Die Initiative der Bundesregierung, einschlägige Forschung relativ kurzfristig mit 23 Millionen Euro zusätzlich zu unterstützen, wird von der Pharmaindustrie "ausdrücklich begrüßt", sagte Herzog. Auf europäischer Ebene brauche es jetzt "Vorrang für große randomisierte Studien", in die möglichst alle EU-Länder einbezogen werden. Längerfristig müsse man sich Gedanken darüber machen, wie einerseits Österreich als "Forschungshotspot" ausgebaut und pharmazeutische Entwicklung und Produktion wieder verstärkt in Europa stattfinden kann.

Deutlich mehr zur Wirksamkeit von erprobten Medikamenten in Bezug auf Covid-19-Erkrankungen werde man schätzungsweise in ein "einem halben Jahr bis einem Jahr" wissen, so der Vorsitzende des "Standing Committee Klinische Forschung" der Pharmig, Stefan Kähler. Dieser "Off-Label-Use" habe den Vorteil, dass "man nicht bei der Grundlagenforschung, sondern meistens bei Phase III-Studien" beginne, in der es nach mehrere vielversprechenden Heilversuchen um die Bestätigung der vermuteten Wirkung geht.

Trotz erster nicht allzu vielversprechender Erkenntnisse zu Lopinavir/Ritonavir sollte man, "nicht zu früh über die Wirksamkeit von Medikamenten urteilen". Auch wenn momentan angesichts der sich dramatischen entwickelnden Pandemie "die Zeit drängt", dürfe man nicht vergessen, dass "nur gute, fundierte wissenschaftliche Erkenntnisse" auch wirklich weiter helfen, sagte Kähler. Den Boden der Anwendung "höchster ethischer Grundsätze", wie etwa der Freiwilligkeit an der Teilnahme an Studien, dürfe man auch angesichts der aktuellen Dramatik nicht verlassen.

Impfstoffentwicklung

Das gelte auch für die Impfstoffentwicklung, wo man vor allem durch die große Ähnlichkeit des neuen Virus mit dem 2002 aufgetretenen SARS-Virus auf rasche Fortschritte hofft. "Das Glück, dass Covid-19 sehr ähnlich ist", verkürze die Phase der Grundlagenforschung. Gegenüber den Ausbrüchen von SARS oder MERS müsse man auch bedenken, dass heute die Technologien zur Impfstoffentwicklung deutlich fortgeschritten seien.
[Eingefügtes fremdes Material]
-- ===== src/Mqtt/Primitives/Uintvar.antt =====
-- The shape of numbers of variable length: each byte but the last has the bit 0x80.
use hat_drivers.Base.{ℕ, zero, suc, ◌≤◌, ◌/◌, ◌%◌, ◌^◌, ◌≡◌, ◌≢◌, refl, arith, bit_and, bit_or}
use hat_drivers.Base.{List, [], ◌∷◌, ◌++◌, length, true, false, ◌==◌, leb, ok, ◌>>=◌}
use hat_drivers.Base.{All}
use hat_drivers.Base.Bytes.{IsByte}
use hat_drivers.Base.{Bool-cases, Result-cases, inl, inr}
use mathlib.Core.Path.{subst}
use hat_drivers.Mqtt.Primitives.{uintvar_bytes, encode_uintvar, decode_uintvar}
use hat_drivers.Mqtt.Primitives.RoundTrip.{
  uintvar-Reads, seven_bits, set_flag, clear_flag, read_flag,
}

-- At most `n` bytes, of which the last one alone lacks the bit
abbrev pub IsUintvar : ℕ → List ℕ → Type 0
IsUintvar n [] = ⊥
IsUintvar zero (b ∷ bs) = ⊥
IsUintvar (suc n) (b ∷ []) = (bit_and b 0x80 == 0) ≡ true
IsUintvar (suc n) (b ∷ c ∷ bs) = ((bit_and b 0x80 == 0) ≡ false) × IsUintvar n (c ∷ bs)

cons-IsUintvar :
    (n b : ℕ) (bs : List ℕ)
    → (bit_and b 0x80 == 0) ≡ false
    → IsUintvar n bs
    → IsUintvar (suc n) (b ∷ bs)
cons-IsUintvar n b [] h k = absurd k
cons-IsUintvar n b (c ∷ bs) h k = (h, k)

last_byte : (v : ℕ) → (bit_and (bit_and v 0x7f) 0x80 == 0) ≡ true
last_byte v = rw (seven_bits v, clear_flag (v % 128) (omega arith)) refl

other_byte : (v : ℕ) → (bit_and (bit_or (bit_and v 0x7f) 0x80) 0x80 == 0) ≡ false
other_byte v =
    rw (seven_bits v, set_flag (v % 128) (omega arith), read_flag (v % 128) (omega arith)) refl

no_rounds : (v : ℕ) {image : List ℕ} → uintvar_bytes zero v ≢ ok image
unfolding uintvar_bytes
no_rounds v e = cc

last_step : (n v : ℕ) → (v / 2 ^ 7 == 0) ≡ true → uintvar_bytes (suc n) v ≡ ok (bit_and v 0x7f ∷ [])
unfolding uintvar_bytes
last_step n v t = rw (uintvar_bytes, t) refl

next_step :
    (n v : ℕ)
    → (v / 2 ^ 7 == 0) ≡ false
    → uintvar_bytes (suc n) v
      ≡ (uintvar_bytes n (v / 2 ^ 7) >>= λ rest. ok (bit_or (bit_and v 0x7f) 0x80 ∷ rest))
unfolding uintvar_bytes
next_step n v t = rw (uintvar_bytes, t) refl

pub bytes-IsUintvar : (n v : ℕ) (image : List ℕ) → uintvar_bytes n v ≡ ok image → IsUintvar n image
bytes-IsUintvar zero v image e = absurd (no_rounds v e)
bytes-IsUintvar (suc n) v image e = elim (Bool-cases (v / 2 ^ 7 == 0)) [
  | inl t ↦
      let i : bit_and v 0x7f ∷ [] ≡ image = cc (last_step n v t, e) in
      subst (IsUintvar (suc n)) i (last_byte v)
  | inr t ↦ elim (Result-cases (uintvar_bytes n (v / 2 ^ 7))) [
    | inl (rest, r) ↦
        let i : bit_or (bit_and v 0x7f) 0x80 ∷ rest ≡ image = cc (rw r at (next_step n v t), e) in
        subst (IsUintvar (suc n)) i (
          cons-IsUintvar n (bit_or (bit_and v 0x7f) 0x80) rest (other_byte v)
            (bytes-IsUintvar n (v / 2 ^ 7) rest r))
    | inr (x, r) ↦ absurd (cc (rw r at (next_step n v t), e))
  ]
]

pub encode_uintvar_lem : (v : ℕ) (image : List ℕ) → encode_uintvar v ≡ ok image → IsUintvar 4 image
unfolding encode_uintvar
encode_uintvar_lem v image e = elim (Bool-cases (leb v 0x0fffffff)) [
  | inl t ↦ bytes-IsUintvar 4 v image (rw t at e)
  | inr t ↦ absurd (cc (rw t at e))
]

uintvar-length : (n : ℕ) (bs : List ℕ) → IsUintvar n bs → length bs ≤ n
uintvar-length n [] h = absurd h
uintvar-length zero (b ∷ bs) h = absurd h
uintvar-length (suc n) (b ∷ []) h = omega arith
uintvar-length (suc n) (b ∷ c ∷ bs) h = omega (arith, uintvar-length n (c ∷ bs) h.1)

-- For a number up to 0x0fffffff, `_encode_uintvar` gives at most four bytes, of which the last one alone
-- lacks the bit 0x80, and `_decode_uintvar` reads the number back, whatever follows.
pub encode_uintvar_cases :
    (v : ℕ) (rest : List ℕ)
    → v ≤ 0x0fffffff
    → (bs : List ℕ) × (encode_uintvar v ≡ ok bs)
      × All IsByte bs
      × (length bs ≤ 4)
      × IsUintvar 4 bs
      × (decode_uintvar (bs ++ rest) ≡ ok (v, rest))
encode_uintvar_cases v rest h =
    let r = uintvar-Reads v h in
    let u = encode_uintvar_lem v r.image r.writes in
    (r.image, r.writes, r.are_bytes, uintvar-length 4 r.image u, u, r.reads rest)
Dass hier aktuell viele verschiedene Ansätze verfolgt werden, sei ein weiterer Vorteil, so Kähler.

Im Endeffekt wird es für die vielversprechendsten Wirkstoffkandidaten eine "bedingte und befristete Zulassung" ("Conditional approval") geben. Sollte die öffentliche Gesundheit bedroht sein, erhält man diese für ein Jahr, gleichzeitig muss weiter zur Wirksamkeit, Sicherheit und Co geforscht werden. Schlussendlich brauche es auch noch die nötigen Produktions- und Lieferkapazitäten, um "die Versorgung im großen Maßstab sicher zu stellen", betonte Kähler, der in etwa einem Jahr mit geeigneten Vakzinen rechnet. Dass es deutlich schneller geht, sei zwar nicht auszuschließen, aber sehr fraglich, so der Experte.